# Full bumper respray costs



## p1tse (Feb 4, 2007)

Full bumper respray
Got a quote, bumper off, prepped, any fixes done, resprayed 

£160+vat

Sounds not a bad deal to me tbh but lack of funds to prioritise at the mo
Thoughts on costs


----------



## Clyde (Feb 15, 2012)

That doesn't sound like a bad price. I was quoted £200 plus vat for my previous car an A3 sportback.


----------



## SystemClenz (Oct 31, 2008)

That's a good price mate


----------



## VenomUK (Oct 13, 2011)

How much is prep work worth? Is it worth doing the prep yourself and saving a few quid? But then again I'm not sure what prep work is worth?


----------



## crosscyl (May 7, 2011)

Didn't mean to hijack...just a thought....if one buys a brand new bumper, would I be correct in thinking it won't require any prep work and therefore the price could be even lower to just paint it ?


----------



## johnnyc (Nov 18, 2008)

For me it was cheaper to buy a new bumper from honda as they came pre sprayed so just straight swap.


----------



## crosscyl (May 7, 2011)

Yeah that makes sense. Thinking of an aftermarket.bumper for my E60 which I believe comes in what is called the primer / base coat ? So I guess it just requires the colour and clear coat.


----------



## ribvanrey (May 5, 2012)

crosscyl said:


> Yeah that makes sense. Thinking of an aftermarket.bumper for my E60 which I believe comes in what is called the primer / base coat ? So I guess it just requires the colour and clear coat.

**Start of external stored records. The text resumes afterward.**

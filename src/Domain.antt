-- ===== src/Domain.antt =====
-- internal/domain: the aggregates of the coordination layer, their validation and their lifecycles.
pub mod Errors
pub mod Types
pub mod Lifecycle
pub mod Commitment
pub mod Goal
pub mod Plan
pub mod Decision
pub mod Task
pub mod Assignment
pub mod Intervention
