-- ===== src/Domain/Assignment.antt =====
-- internal/domain/task.go: assignments of tasks to agents.
pub mod Lifecycle
pub mod Validity
use nous.Prelude.{
  ℕ, String, ◌==◌, str_eq, Bool, true, false, ◌||◌, ◌&&◌, not, Option, none, some, List, [], ◌∷◌,
  if◌then◌else◌, trim_space,
}
use nous.Prelude.Time.{Time, utc}
use nous.Domain.Errors.{
  Uuid, Error, Result, ok, err, checked, invalid_transition, validation, id_required,
  owner_id_required, title_required, goal_id_required, task_id_required, agent_id_required,
  message_required, target_required, step_id_required, step_description_required, unknown_status,
  unknown_type,
}
use nous.Domain.Types.{SourceRef, Priority, AgentId}

-- A Go string; `unknown s` is a string `s` that is none of the constants.
pub data AssignmentStatus : Type 0 where
  assigned running completed cancelled : AssignmentStatus
  unknown : String → AssignmentStatus

unfoldable pub status_text : AssignmentStatus → String
status_text assigned = "assigned"
status_text running = "running"
status_text completed = "completed"
status_text cancelled = "cancelled"
status_text (unknown s) = s

-- `s == t` on the strings.
abbrev pub same : AssignmentStatus → AssignmentStatus → Bool
same assigned assigned = true
same running running = true
same completed completed = true
same cancelled cancelled = true
same (unknown s) (unknown t) = str_eq s t
same _ _ = false

unfoldable pub valid : AssignmentStatus → Bool
valid assigned = true
valid running = true
valid completed = true
valid cancelled = true
valid (unknown s) = false

-- The `switch` of `CanTransitionTo`.
edge : AssignmentStatus → AssignmentStatus → Bool
edge assigned target = same target running || same target cancelled
edge running target = same target completed || same target cancelled
edge _ target = false

unfoldable pub can_transition_to : AssignmentStatus → AssignmentStatus → Bool
unfolding edge
can_transition_to s target = if same s target then true else edge s target

pub record Assignment : Type 0 where
  pub id : Uuid
  pub task_id : Uuid
  pub agent_id : AgentId
  pub status : AssignmentStatus
  pub assigned_at : Time
  pub completed_at : Option Time

unfoldable pub validate : Assignment → Option Error
unfolding valid
validate a =
    if a.id == 0
    then some (validation id_required)
    else if a.task_id == 0
    then some (validation task_id_required)
    else if str_eq a.agent_id ""
    then some (validation agent_id_required)
    else if not (valid a.status)
    then some (validation (unknown_status (status_text a.status)))
    else none

-- `id` is what `uuid.New()` draws.
unfoldable pub new_assignment : Uuid → Uuid → AgentId → Time → Result Assignment
unfolding validate
new_assignment id task_id agent_id now =
    let a : Assignment = record {
      id = id;
      task_id = task_id;
      agent_id = agent_id;
      status = assigned;
      assigned_at = utc now;
      completed_at = none;
    } in
    checked (validate a) a

-- The method changes the record it is called on: the new value comes back beside the error.
unfoldable pub transition : Assignment → AssignmentStatus → Time → Assignment × Option Error
unfolding can_transition_to status_text
transition a target now =
    if can_transition_to a.status target
    then (if same target completed || same target cancelled
        then (record a { status = target; completed_at = some (utc now) }, none)
        else (record a { status = target }, none))
    else (a, some (invalid_transition (status_text a.status) (status_text target)))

You need to match car paint and at least two coats of clear coat. If you dont have reversing sensors?

If you order a BMW replacement you just need the vin number. Otherwise make sure you give the exact model of E60 because that is the range code. Different models have different exhaust cut outs etc so you wont get a 520 bumper to fit a 525 model for example. Rib


----------



## MarkyVectra (Sep 9, 2011)

Doesn't seem too bad a price. I have just been quoted £160 inc vat to respray and plastic weld a small tear on a Vectra C Estate rear bumper.


----------



## moosh (May 8, 2011)

VenomUK said:


> How much is prep work worth? Is it worth doing the prep yourself and saving a few quid? But then again I'm not sure what prep work is worth?

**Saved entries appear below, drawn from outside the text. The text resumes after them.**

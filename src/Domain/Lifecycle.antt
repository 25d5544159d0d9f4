-- ===== src/Domain/Lifecycle.antt =====
-- What the status types of internal/domain have in common: a table of legal edges, and an update that
-- is refused off the table. The aggregates' own methods are in their modules; here is what any
-- sequence of calls of such a method does to a status.
use nous.Prelude.{◌≡◌, refl, ◌⊎◌, inl, inr, Option, List, [], ◌∷◌, subst}
use nous.Prelude.Time.{Time}
use nous.Domain.Errors.{Error}

-- The statuses that a path of edges leads to.
pub data Reach {S : Type 0} (E : S → S → Type 0) : S → S → Type 0 where
  here : {s : S} → Reach E s s
  next : {s t u : S} → E s t → Reach E t u → Reach E s u

-- A method that takes a target and the time, changes its receiver or not, and may return an error.
abbrev pub Method : Type 0 → Type 0 → Type 0
Method C S = C → S → Time → C × Option Error

module _ {C S : Type 0} where
  -- Calls one after another; the caller goes on whether or not a call is refused.
  unfoldable pub calls : Method C S → C → List (S × Time) → C
  calls m c [] = c
  calls m c ((t, now) ∷ ops) = calls m (m c t now).0 ops

  -- A method that moves the status along the edges of `E` or leaves it.
  pub record Follows (status : C → S) (m : Method C S) (E : S → S → Type 0) : Type 0 where
    pub at :
        (c : C) (t : S) (now : Time)
        → (status (m c t now).0 ≡ status c) ⊎ E (status c) (status (m c t now).0)

  pub calls-Reach :
      {status : C → S} {m : Method C S} {E : S → S → Type 0}
      → Follows status m E
      → (c : C) (ops : List (S × Time)) → Reach E (status c) (status (calls m c ops))
  unfolding calls
  calls-Reach f c [] = here
  calls-Reach {status} {m} {E} f c ((t, now) ∷ ops) = elim (f.at c t now) [
    | inl e ↦
        subst (λ s. Reach E s (status (calls m (m c t now).0 ops))) e
          (calls-Reach f (m c t now).0 ops)
    | inr e ↦ next e (calls-Reach f (m c t now).0 ops)
  ]

-- A status that no edge leaves is kept.
pub Reach-stuck :
    {S : Type 0} {E : S → S → Type 0} {s t : S} → ((u : S) → ¬ E s u) → Reach E s t → t ≡ s
Reach-stuck h here = refl
Reach-stuck h (next {t = u} e r) = absurd (h u e)

-- What every edge keeps, a path keeps.
pub Reach-keeps :
    {S : Type 0} {E : S → S → Type 0} (P : S → Type 0) {s t : S}
    → ((u v : S) → E u v → P u → P v)
    → Reach E s t
    → P s
    → P t
Reach-keeps P keep here p = p
Reach-keeps P keep (next {s = u} {t = v} e r) p = Reach-keeps P keep r (keep u v e p)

The bodyshop painter would like have to re prep your prep as they all have thier own way of doing things and with paintwork it is all in the prep.

£160+VAT is a good price.

Bumper removal, strip, re build and re fit your looking at least 2hrs. @ £23 p/hr

Prep and paint i would say a further 3hrs. @ £23 p/hr

Booth Time - 1hr-1.5hrs. Price will probably be lost.

Paint material and sundries 1/4 litre of basecoat and 1/4 of colour plus primer if required. - £45

Job Done.


----------



## moosh (May 8, 2011)

crosscyl said:


> Didn't mean to hijack...just a thought....if one buys a brand new bumper, would I be correct in thinking it won't require any prep work and therefore the price could be even lower to just paint it ?


I would say you would still be looking in the region of £120 to paint a front bumper, anything less and i would say you would be getting substandard work.


----------



## ianrobbo1 (Feb 13, 2007)

moosh said:


> T 2hrs. @ £23 p/hr
> 
> Prep and paint i would say a further 3hrs. @ £23 p/hr
> Job Done.


:lol: THATS cheap!!! :doublesho £23 an hour !! I wish!! it's nearly double that down here !!


----------



## moosh (May 8, 2011)

ianrobbo1 said:


> :lol: THATS cheap!!! :doublesho £23 an hour !! I wish!! it's nearly double that down here !!


That's what his quote works out to be roughly, I'm a panel beater & painter in my previous life so hourly rates don't get me just the materials


----------